I haven't gotten around to trying again yet but the issue was everything settled to the bottom of the amp. Keeping it in hot water for 30 min allowed it to break up and for me to shake it up. As I drew it up it was already settling. I will trry it with a bigger pin just gotta get some. All I have are 23&25.


----------



## OuchThatHurts (Aug 24, 2013)

Concreteguy said:


> This is true. But with the addition of a surfactant like polysorbate-80. You can truly turn it into a solusion that will look like milk and push threw a 30 gage pin.
> 
> CG



Great info! Will try... on my, uh... horses.


----------



## OuchThatHurts (Aug 24, 2013)

bigpoppie said:


> I will trry it with a bigger pin just gotta get some. All I have are 23&25.


Have you tried a Cuisinart? (LOL)


----------



## bigpoppie (Aug 24, 2013)

OuchThatHurts said:


> Have you tried a Cuisinart? (LOL)



I'm soon just gonna dig a hole through my skin and pour the shit in.


----------



## FordFan (Aug 25, 2013)

10+ years ago I had my first and last experience with test susp.  Shit clogged so bad all I could use was 18ga. I literally would pull of of vial and stab my ass and inject as fast as I could (1cc). There were times stuff would solidify before finishing. Fwiw, mine was 20ml from Mexico but can't remember the brand.

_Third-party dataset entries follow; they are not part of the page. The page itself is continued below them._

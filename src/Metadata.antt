-- ===== src/Metadata.antt =====
-- The on-disk metadata store of src/head_server/redis_handler.hpp (the build without WITH_REDIS).
-- Every operation holds the store's mutex, so each is one step on the map from file names to file
-- records. The file on disk is written after each change; `Metadata.Disk` models its text.
pub mod Counts
pub mod Delete
pub mod Replace
pub mod Disk
pub mod Request
pub mod Tests
use distributed_file_grid.Prelude.{
  ℕ, zero, suc, ◌+◌, ◌-◌, ◌*◌, ◌/◌, ◌%◌, ◌^◌, ◌≤◌, ◌<◌, ◌≡◌, refl, sym, ◌∙◌, ap, subst, ◌≢◌, ◌↔◌,
  ◌⊎◌, inl, inr, Bool, true, false, ◌&&◌, ◌||◌, not, List, [], ◌∷◌, ◌++◌, map, Option, none, some,
  arith, ltb, leb, ◌==◌, if◌then◌else◌, Bool-cases, Option-cases, &&-true, lt→ltb, ltb→lt, leb→le,
  ==_iff, Bool_eq_of_iff, length, take, drop, replicate, get_or, keep, count_if, any, find_if, All,
  length-append, length-take, length-drop, length-replicate, take-append-drop, All-append, All-keep,
  All-mono, count_if-append, count_if-le-length, All-keep_test, String,
}
use distributed_file_grid.Prelude.Int.{ℤ, pos, negsuc, ltb_ℤ, eqb_ℤ}
use distributed_file_grid.Prelude.Key.{
  Key, Bytes, bytes_eq, bytes_lt, bytes_eq_iff, bytes_key, ℤ_key, eqb_ℤ_iff,
}
use distributed_file_grid.Prelude.Map.{
  Map, find, insert, erase, member, find_or, keys, values, find-insert, find-erase, same_refl,
  All-insert, All-erase, All-find,
}
use distributed_file_grid.Prelude.Text.{
  str, is_space, is_digit, digits, to_string, int_to_string, skip_ws, scan_digits, read_int,
  int_limit, long_limit, stoi, stoll, find_char, starts_with, find_sub, substr, word_of, after_word,
  read_word,
}

pub record ChunkRecord : Type 0 where
  pub chunk_id : ℤ
  pub server : Bytes
  pub path : Bytes
  pub checksum : Bytes
  pub replica_count : ℤ

pub record FileRecord : Type 0 where
  pub file_hash : Bytes
  pub replica_count : ℤ
  pub chunks : List ChunkRecord

abbrev pub no_record : FileRecord
no_record = record { file_hash = []; replica_count = pos 0; chunks = [] }

abbrev pub MetadataMap : Type 0
MetadataMap = Map Bytes FileRecord

-- cid_counts[cr.chunk_id]++ for each record
unfoldable pub cid_counts_from : Map ℤ ℕ → List ChunkRecord → Map ℤ ℕ
cid_counts_from m [] = m
cid_counts_from m (cr ∷ rest) =
    cid_counts_from (insert cr.chunk_id (suc (find_or 0 cr.chunk_id m)) m) rest

unfoldable pub cid_counts : List ChunkRecord → Map ℤ ℕ
unfolding cid_counts_from
cid_counts = cid_counts_from []

abbrev pub is_positive : ℤ → Bool
is_positive n = ltb_ℤ (pos 0) n

-- cr.replica_count = cid_counts[cr.chunk_id]
abbrev pub with_count : Map ℤ ℕ → ChunkRecord → ChunkRecord
with_count counts cr = record cr { replica_count = pos (find_or 0 cr.chunk_id counts) }

abbrev pub with_missing_count : Map ℤ ℕ → ChunkRecord → ChunkRecord
with_missing_count counts cr = if is_positive cr.replica_count then cr else with_count counts cr

-- cid_counts.begin()->second, where the map is not empty
abbrev pub first_count : ℤ → Map ℤ ℕ → ℤ
first_count d [] = d
first_count d ((cid, n) ∷ rest) = pos n

abbrev pub file_count : ℤ → Map ℤ ℕ → ℤ
file_count n counts = if is_positive n then n else first_count n counts

unfoldable pub replace_file_chunks :
    MetadataMap → Bytes → Bytes → List ChunkRecord → ℤ → MetadataMap
replace_file_chunks store file file_hash chunks replica_count =
    let counts = cid_counts chunks in
    insert file
      (record {
        file_hash = file_hash;
        replica_count = file_count replica_count counts;
        chunks = map (with_missing_count counts) chunks;
      })
      store

unfoldable pub get_chunks : MetadataMap → Bytes → FileRecord
get_chunks store file = find_or no_record file store

unfoldable pub remove_file : MetadataMap → Bytes → MetadataMap
remove_file store file = erase file store

-- The names sorted, which is the order of the map here.
unfoldable pub list_files_snapshot : MetadataMap → List Bytes
list_files_snapshot store = keys store

abbrev pub on_other : Bytes → ChunkRecord → Bool
on_other server cr = not (bytes_eq cr.server server)

-- The chunks of a file once those of the dead server are replaced.
abbrev pub replaced_chunks : Bytes → List ChunkRecord → List ChunkRecord → List ChunkRecord
replaced_chunks dead new_chunks chunks =
    let joined = keep (on_other dead) chunks ++ new_chunks in
    map (with_count (cid_counts joined)) joined

unfoldable pub replace_in_file : Bytes → List ChunkRecord → FileRecord → FileRecord
replace_in_file dead new_chunks rec =
    let joined = keep (on_other dead) rec.chunks ++ new_chunks in
    record rec {
      replica_count = first_count rec.replica_count (cid_counts joined);
      chunks = replaced_chunks dead new_chunks rec.chunks;
    }

abbrev replace_found :
    MetadataMap → Bytes → Bytes → List ChunkRecord → Option FileRecord → MetadataMap
replace_found store dead file new_chunks none = store
replace_found store dead file new_chunks (some rec) =
    insert file (replace_in_file dead new_chunks rec) store

-- The address of the new server, which this backend does not read, is left out.
unfoldable pub atomic_replace_server_chunks :
    MetadataMap → Bytes → Map Bytes (List ChunkRecord) → MetadataMap
atomic_replace_server_chunks store dead [] = store
atomic_replace_server_chunks store dead ((file, new_chunks) ∷ rest) =
    atomic_replace_server_chunks (replace_found store dead file new_chunks (find file store)) dead
      rest

unfoldable pub purge_file : Bytes → FileRecord → FileRecord
purge_file server rec =
    let left = keep (on_other server) rec.chunks in
    record rec { chunks = map (with_count (cid_counts left)) left }

unfoldable pub delete_server_metadata : MetadataMap → Bytes → MetadataMap
delete_server_metadata [] server = []
delete_server_metadata ((file, rec) ∷ rest) server =
    (file, purge_file server rec) ∷ delete_server_metadata rest server

abbrev pub is_empty : Bytes → Bool
is_empty [] = true
is_empty (c ∷ s) = false

unfoldable pub query_metadata : MetadataMap → Bytes → FileRecord
unfolding get_chunks
query_metadata store file_name =
    if is_empty file_name then no_record else get_chunks store file_name

unfoldable pub delete_entry : MetadataMap → Bytes → MetadataMap
unfolding remove_file
delete_entry store file_name = if is_empty file_name then store else remove_file store file_name
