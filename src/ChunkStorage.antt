-- ===== src/ChunkStorage.antt =====
-- `ChunkStorage` of src/cluster_server/chunk_service.cpp: the chunks of a cluster server, as files and a
-- registry in memory that knows the path of each. The file system is a map of paths to contents, the
-- answers of its calls and the clock are an argument, and a task of the I/O pool runs at once.
pub mod Files
pub mod Laws
pub mod Tests
use distributed_file_grid.Prelude.{
  ℕ, zero, suc, ◌+◌, ◌-◌, ◌*◌, ◌/◌, ◌%◌, ◌^◌, ◌≤◌, ◌<◌, ◌≡◌, refl, sym, ◌∙◌, ap, subst, ◌≢◌, ◌↔◌,
  ◌⊎◌, inl, inr, Bool, true, false, ◌&&◌, ◌||◌, not, List, [], ◌∷◌, ◌++◌, map, Option, none, some,
  arith, ltb, leb, ◌==◌, if◌then◌else◌, Bool-cases, Option-cases, &&-true, lt→ltb, ltb→lt, leb→le,
  ==_iff, Bool_eq_of_iff, length, take, drop, replicate, get_or, keep, count_if, any, find_if, All,
  length-append, length-take, length-drop, length-replicate, length-zero, take-append-drop,
  All-append, All-keep, All-mono, count_if-append, count_if-le-length, All-keep_test, String,
}
use distributed_file_grid.Prelude.Int.{ℤ, pos, negsuc, ltb_ℤ, eqb_ℤ}
use distributed_file_grid.Prelude.Key.{
  Key, Bytes, bytes_eq, bytes_lt, bytes_eq_iff, bytes_key, ℤ_key, eqb_ℤ_iff,
}
use distributed_file_grid.Prelude.Map.{
  Map, find, insert, erase, member, find_or, keys, values, find-insert, find-erase, same_refl,
  All-insert, All-erase, All-find,
}
use distributed_file_grid.Prelude.Text.{
  str, is_space, is_digit, digits, to_string, int_to_string, skip_ws, scan_digits, read_int,
  int_limit, long_limit, stoi, stoll, find_char, starts_with, find_sub, substr, word_of, after_word,
  read_word,
}
use distributed_file_grid.ChunkStorage.Files.{CallAnswer, WriteResult, write_all, read_all}
use distributed_file_grid.Metadata.{is_empty}

-- `next_seq` is the counter in generate_chunk_path.
pub record ChunkStorage : Type 0 where
  pub storage_path : Bytes
  pub chunk_registry : Map Bytes Bytes
  pub next_seq : ℕ
  pub files : Map Bytes Bytes

-- The microseconds on the clock, whether the file opens (and seeks), what the calls on it answer, and
-- whether fs::remove raises no exception.
pub record Io : Type 0 where
  pub now : ℕ
  pub opens : Bool
  pub calls : List CallAnswer
  pub removes : Bool

-- The path, and the counter is one up.
unfoldable pub generate_chunk_path : ChunkStorage → Io → Bytes → Bytes
unfolding to_string
generate_chunk_path s io chunk_id =
    s.storage_path
    ++ (str "chunk_"
        ++ (chunk_id
            ++ (str "_"
                ++ (to_string io.now ++ (str "_" ++ (to_string (suc s.next_seq) ++ str ".dat"))))))

-- The pair of the result is (success, path).
pub record Stored : Type 0 where
  pub storage : ChunkStorage
  pub result : Bool × Bytes

abbrev pub finish_store : ChunkStorage → Bytes → Bytes → Option WriteResult → Option Stored
finish_store s chunk_id path none = none
finish_store s chunk_id path (some r) = some (
    if r.success
    then record {
      storage = record s {
        chunk_registry = insert chunk_id path s.chunk_registry;
        files = insert path r.content s.files;
      };
      result = (true, path);
    }
    else record {
      storage = record s { files = insert path r.content s.files };
      result = (false, []);
    })

-- `none` where the task does not end.
unfoldable pub async_store_chunk : ChunkStorage → Io → Bytes → Bytes → Option Stored
unfolding generate_chunk_path write_all
async_store_chunk s io chunk_id content =
    let path = generate_chunk_path s io chunk_id in
    let counted = record s { next_seq = suc s.next_seq } in
    if io.opens
    then finish_store counted chunk_id path (write_all io.calls [] content)
    else some (record { storage = counted; result = (false, []) })

-- The task that reads a file; no file has empty data.
abbrev read_file : Io → Option Bytes → Option Bytes
read_file io none = some []
read_file io (some content) = if io.opens then read_all io.calls [] content else some []

pub record Retrieved : Type 0 where
  pub storage : ChunkStorage
  pub content : Bytes

abbrev give : ChunkStorage → Option Bytes → Option Retrieved
give s none = none
give s (some content) = some (record { storage = s; content = content })

-- The fallback path becomes the chunk's path.
abbrev retrieve_at : ChunkStorage → Io → Bytes → Bytes → Option Bytes → Option Retrieved
retrieve_at s io chunk_id fallback_path (some path) = give s (read_file io (find path s.files))
retrieve_at s io chunk_id fallback_path none =
    if not (is_empty fallback_path) && member fallback_path s.files
    then give (record s { chunk_registry = insert chunk_id fallback_path s.chunk_registry })
        (read_file io (find fallback_path s.files))
    else some (record { storage = s; content = [] })

unfoldable pub async_retrieve_chunk : ChunkStorage → Io → Bytes → Bytes → Option Retrieved
unfolding read_all
async_retrieve_chunk s io chunk_id fallback_path =
    retrieve_at s io chunk_id fallback_path (find chunk_id s.chunk_registry)

abbrev delete_at : ChunkStorage → Io → Bytes → Option Bytes → ChunkStorage × Bool
delete_at s io chunk_id none = (s, false)
delete_at s io chunk_id (some path) =
    let forgotten = record s { chunk_registry = erase chunk_id s.chunk_registry } in
    if io.removes
    then (record forgotten { files = erase path s.files }, true)
    else (forgotten, false)

-- The result is whether the chunk was known and its file is removed, or was gone.
unfoldable pub delete_chunk : ChunkStorage → Io → Bytes → ChunkStorage × Bool
delete_chunk s io chunk_id = delete_at s io chunk_id (find chunk_id s.chunk_registry)

unfoldable pub list_chunks : ChunkStorage → List Bytes
list_chunks s = keys s.chunk_registry

-- A process that starts again has its files and nothing else.
unfoldable pub restart : ChunkStorage → ChunkStorage
restart s = record s { chunk_registry = []; next_seq = 0 }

Short version, find TNE and be done.


----------



## OuchThatHurts (Aug 25, 2013)

FordFan said:


> 10+ years ago I had my first and last experience with test susp.  Shit clogged so bad all I could use was 18ga. I literally would pull of of vial and stab my ass and inject as fast as I could (1cc). There were times stuff would solidify before finishing. Fwiw, mine was 20ml from Mexico but can't remember the brand.
> 
> Short version, find TNE and be done.


Suspensions are TNE. But if I understand you, I think what you're just saying is use the OIL-based versions of suspension (where the test is better dissolved).


----------



## vikingquest (Aug 25, 2013)

I love tne.  Sort of addicted you could say lol


----------



## OuchThatHurts (Aug 26, 2013)

vikingquest said:


> I love tne.  Sort of addicted you could say lol


You and every other man on the planet that is addicted to being a dude.


----------



## vikingquest (Aug 26, 2013)

Lol very true


----------



## turbobusa (Aug 26, 2013)

FordFan said:


> 10+ years ago I had my first and last experience with test susp.  Shit clogged so bad all I could use was 18ga. I literally would pull of of vial and stab my ass and inject as fast as I could (1cc). There were times stuff would solidify before finishing. Fwiw, mine was 20ml from Mexico but can't remember the brand.
> 
> Short version, find TNE and be done.



Probably the old illium brand. Aussie labeling sold in mex
Denkall etc.. . T


----------



## Thor (Aug 28, 2013)

*Hey Bros...*

Try the susp from GP.. very nice and no problems like y'all are talkin about .:headbang:


----------



## bigpoppie (Aug 28, 2013)

thor said:


> try the susp from gp.. Very nice and no problems like y'all are talkin about .:headbang:



gp????


----------



## Concreteguy (Aug 28, 2013)

OuchThatHurts said:


> Suspensions are TNE. But if I understand you, I think what you're just saying is use the OIL-based versions of suspension (where the test is better dissolved).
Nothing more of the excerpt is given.